Слезами я кровавыми умывалась, когда дитятку своего родного утром в лес собирала-обряжала. «Пойди, – говорю, – милый, в лес, собери малинки матушке да батюшке». Перекрестила и в лес отправила. А сама замертво на лавку повалилась. Знала уж, не придет он назад. Так и случилось: не вернулся сынок мой. Нашли его на другой день в лесу задушенным. Забрала нечистая сила душу его ангельскую, а тело оставила.
Как тело Ванечки моего бедного из леса везли, так буря такая была, что аж деревья гнуло до долу, стволы толстенные ломало. А как поминки дома справляли, так есть никто не мог – сила нечистая ложки из рук вырывала. И не стала я уж стол ставить ни на девятый день, ни на сороковину.
Приду я, бывало, на могилку сыночка моего ненаглядного и плачу, катаюсь по земле. «Прости меня, грешницу, сыночек. Прости за то, что сгубила тебя сила нечистая за грехи матери твоей да за силу колдовскую, батюшкой покойным переданную». На Пасху люди добрые на могилки кладут яички, кулич или другую какую снедь. Я тоже положу, бывало, а на другой день вместо них лежат желуди да угли. Нечистая сила свое кладет.
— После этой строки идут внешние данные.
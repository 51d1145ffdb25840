-- ===== src/Lib.antt =====
-- A verification of Phlebas, an exchange between native assets: the parts of `src/lib` that decide
-- who trades with whom, for how much, and what the reserve behind withdrawals still owes.
--
-- The parts and their files.
--   Base         shared lists, tests, calls that may throw, and the sort with a comparator.
--   Units        src/lib/units.ts: integer prices, sizes and quote amounts, their roundings, the
--                least size that settles, and the worst price of a market order.
--   Matcher      src/lib/matcher.ts: the book of resting orders. `submit_order`, `cancel_order`,
--                `expire_resting_orders` are `submitOrder`, `cancelOrder`, `expireRestingOrders`;
--                the loop of `matchAgainst` is `match_loop` over `match_round`. It uses Units for
--                the least size that settles, which is how it avoids dust.
--   OrderDomain  src/lib/order-domain.ts and the order record of src/lib/eip712-order.ts: canonical
--                identifiers.
--   Lifecycle    src/lib/order-lifecycle.ts: which signed orders are accepted, cancelled or out of
--                date. Lifecycle/Effects says what each operation has done, Lifecycle/Forward and
--                Lifecycle/Finality what holds over histories. The hash of an order's body,
--                `hashOrderStruct`, is a parameter of which nothing is assumed.
--   PriceTime    src/lib/price-time.ts: the plan of a taker against sequenced resting orders, by
--                strict price-time priority. It uses OrderDomain for hashes and accounts.
--   Settlement   src/lib/settlement-accounting.ts: the ledger of balances, and the settlement of a
--                planned fill of two active orders, in Settlement/Settle. It uses Lifecycle for an
--                order's activity and PriceTime for the fill. A signed delta is what comes in and
--                what goes out; the hash that names a fill is a parameter. Settlement/Balances
--                follows the deltas to the balance of each account, Settlement/Totals to the sums.
--   RateLimit    src/lib/rate-limit.ts: the token bucket of each key.
--   Reserve      src/lib/reserve.ts: withdrawal claims, the coverage check, and the operations that
--                sign, broadcast, mine, confirm, refund and repair a withdrawal. Reserve/Replace
--                is about the one claim that an operation replaces or takes off the list.
--   SwapDomain   src/lib/swap-domain.ts: the signed terms of a swap of ZEC against a stablecoin
--                (Terms) and the markets that are approved (Markets).
--   SwapPolicy   src/lib/swap-policy.ts: the timing, observer and finality policies that the terms
--                bind, and the deadlines (Deadlines).
--   Swap         src/lib/swap-state.ts: the state of a swap in two legs. Attestations and Evidence
--                validate what observers report, Legs, Resolutions and Integrity are
--                `assertSwapStateIntegrity`, Operations, Observations and Recovery the operations,
--                Phase is `swapPhase`. Inversion, Moves, Payments, Outcomes, Preparation and Quorum prove
--                what a state that is asserted says. It uses SwapDomain and SwapPolicy.
--   SwapJournal  src/lib/swap-journal.ts: the events of a swap, each of which is an operation of
--                Swap. Transitions, Order, Terminal, Histories and Atomicity prove what holds after
--                one event and after any sequence of events. Receipts and Chain are the journal of
--                receipts with its hash chain, its verification, and its replay in
--                src/lib/swap-replay.ts; Verified, Appending and Appended prove what an accepted
--                journal is good for and that appends keep it.
--
-- How the code is read. A `bigint` is a natural number: a guard against a negative amount never
-- fires, and where a difference could be negative the test is written out. A `number` that counts, as
-- the sequence number of a book in src/lib/matcher.ts does, is a natural number too, which is exact
-- below 2 ^ 53 and is not bounded here. A call that may throw
-- returns a `Result`, whose error is the message of the exception, without the values that the
-- source interpolates into it. The copies that the source makes of a book are the values
-- themselves. `Array.prototype.sort` is a stable insertion sort with the source's comparator. A
-- `Set` is the list of what was added to it, and a record used as a map a function of its keys, or
-- in Settlement the list of its entries. Texts that are taken apart are lists of their code units.
--
-- SHA-256 is a parameter of the swap's modules, a function of what is hashed: `Hashed` has a
-- constructor for each text that the source joins from its parts, so that the model says which parts
-- a hash is of, and nothing is assumed of the function. The journal takes the hash of a payload, of
-- an event's parts and of a state in the same way.
--
-- Fuel. The loop of `matchAgainst` has one round more than there are makers: each round but the
-- last takes the front maker off or stops, which the results below include, since a submission is
-- shown to return. The walk of `assertResolutionGraphAcyclic` has one round more than the graph has
-- keys, and each round visits a key that it has not visited: a walk without fuel throws, as the
-- source does on the cycle that it is in.
--
-- Not modelled: the user interface, wallet providers, HTTP services and their storage, the Zcash
-- encodings, the contracts (Solidity), and what is computed in floating point; in src/lib/units.ts
-- the decimal texts; in src/lib/matcher.ts the view `levelsFromBook`; in src/lib/order-domain.ts
-- the identifiers that are hashes; in src/lib/swap-replay.ts the snapshots; the rounds of SHA-256 in
-- src/lib/sha256.ts and the texts that are hashed. No property here speaks of them.
pub mod Base
pub mod Lifecycle
pub mod Matcher
pub mod OrderDomain
pub mod PriceTime
pub mod RateLimit
pub mod Reserve
pub mod Settlement
pub mod Swap
pub mod SwapDomain
pub mod SwapJournal
pub mod SwapPolicy
pub mod Units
Долго я по Ванечке тосковала, простить себя не могла. И отец твой тоже убивался. Виду-то не показывал, но видела я: гложет его, как змея, боль-тоска, не может он сыночка любимого забыть. Никогда в глаза мне ничего не говорил, а держал ли на меня обиду какую на сердце – не знаю. Хотелось мне перед ним повиниться-покаяться, да боялась. Проклянет он меня, думала, возненавидит. Только не стало его через несколько лет после этого. Заболел как-то зимой, застудился, да вскоре и в землю ушел. И не смогла я его, сокола ясного, спасти-выходить.
Одна ты у меня, девонька, осталась. Одна радость моя, одна утеха. Все бы, кажется, для тебя сделала, все бы на свете для тебя достала. Чтоб только ты счастлива была, рыбонька моя. Прости меня, донюшко.
– Мамочка, милая, да за что же прощать мне тебя, голубушку мою сизокрылую? Разве что за ночи бессонные, что у моей колыбели провела-промучилась? За песни звонкие, какими меня баюкала-веселила? Разве за ленты яркие, что в косы вплетала? За красивый сарафан, что мне на базаре покупала? Разве за ласку твою, за любовь беззаветную?